## REQUIRED ACTION
From the line with "find_from (c ∷ [])" through the final line below, restate each line word for word and return nothing else.

"""

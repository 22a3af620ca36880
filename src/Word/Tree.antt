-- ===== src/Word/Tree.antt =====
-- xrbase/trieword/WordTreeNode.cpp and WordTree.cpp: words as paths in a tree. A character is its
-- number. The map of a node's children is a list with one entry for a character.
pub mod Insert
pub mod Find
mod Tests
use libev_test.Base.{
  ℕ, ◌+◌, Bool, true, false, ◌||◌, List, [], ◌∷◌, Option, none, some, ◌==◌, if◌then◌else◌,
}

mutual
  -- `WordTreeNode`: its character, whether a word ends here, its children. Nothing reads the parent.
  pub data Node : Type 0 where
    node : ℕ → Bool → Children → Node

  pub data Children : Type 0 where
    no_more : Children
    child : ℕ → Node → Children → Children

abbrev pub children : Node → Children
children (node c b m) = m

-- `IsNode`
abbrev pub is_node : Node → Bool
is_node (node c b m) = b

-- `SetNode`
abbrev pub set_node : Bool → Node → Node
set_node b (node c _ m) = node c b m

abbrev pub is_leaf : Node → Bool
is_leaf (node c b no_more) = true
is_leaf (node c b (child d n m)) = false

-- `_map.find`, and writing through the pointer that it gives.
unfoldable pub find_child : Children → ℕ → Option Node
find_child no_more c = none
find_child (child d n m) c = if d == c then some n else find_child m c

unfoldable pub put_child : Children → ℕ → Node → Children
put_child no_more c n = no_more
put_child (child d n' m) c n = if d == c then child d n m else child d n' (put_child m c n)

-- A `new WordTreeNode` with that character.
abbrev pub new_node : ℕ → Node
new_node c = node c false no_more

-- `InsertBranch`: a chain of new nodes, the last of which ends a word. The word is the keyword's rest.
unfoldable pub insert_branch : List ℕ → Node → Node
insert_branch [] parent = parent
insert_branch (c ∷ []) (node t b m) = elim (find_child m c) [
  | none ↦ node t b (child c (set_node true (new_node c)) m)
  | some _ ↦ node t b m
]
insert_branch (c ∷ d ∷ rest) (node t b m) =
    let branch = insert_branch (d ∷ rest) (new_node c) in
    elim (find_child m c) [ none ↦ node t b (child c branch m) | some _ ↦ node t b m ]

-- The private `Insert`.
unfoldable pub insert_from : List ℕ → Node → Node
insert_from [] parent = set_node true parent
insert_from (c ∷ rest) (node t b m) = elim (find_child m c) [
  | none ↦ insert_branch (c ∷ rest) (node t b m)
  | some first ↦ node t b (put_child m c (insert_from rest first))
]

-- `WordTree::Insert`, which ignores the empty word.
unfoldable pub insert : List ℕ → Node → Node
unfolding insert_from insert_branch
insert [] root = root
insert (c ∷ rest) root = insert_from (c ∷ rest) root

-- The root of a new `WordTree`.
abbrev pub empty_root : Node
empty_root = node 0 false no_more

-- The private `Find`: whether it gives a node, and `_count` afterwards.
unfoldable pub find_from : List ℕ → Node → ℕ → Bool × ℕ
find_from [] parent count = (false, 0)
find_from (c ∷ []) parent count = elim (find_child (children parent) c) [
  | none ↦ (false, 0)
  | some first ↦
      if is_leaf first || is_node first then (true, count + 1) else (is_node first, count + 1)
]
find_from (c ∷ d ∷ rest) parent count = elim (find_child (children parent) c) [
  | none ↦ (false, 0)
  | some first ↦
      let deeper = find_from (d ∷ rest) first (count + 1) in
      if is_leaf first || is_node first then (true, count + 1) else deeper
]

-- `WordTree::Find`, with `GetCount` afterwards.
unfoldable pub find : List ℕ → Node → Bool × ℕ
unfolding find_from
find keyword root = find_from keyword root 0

"""

## EXERCISE SOLUTION
find_from (c ∷ []) parent count = elim (find_child (children parent) c) [
  | none ↦ (false, 0)
  | some first ↦
      if is_leaf first || is_node first then (true, count + 1) else (is_node first, count + 1)
]
find_from (c ∷ d ∷ rest) parent count = elim (find_child (children parent) c) [
  | none ↦ (false, 0)
  | some first ↦
      let deeper = find_from (d ∷ rest) first (count + 1) in
      if is_leaf first || is_node first then (true, count + 1) else deeper
]

-- `WordTree::Find`, with `GetCount` afterwards.
unfoldable pub find : List ℕ → Node → Bool × ℕ
unfolding find_from
find keyword root = find_from keyword root 0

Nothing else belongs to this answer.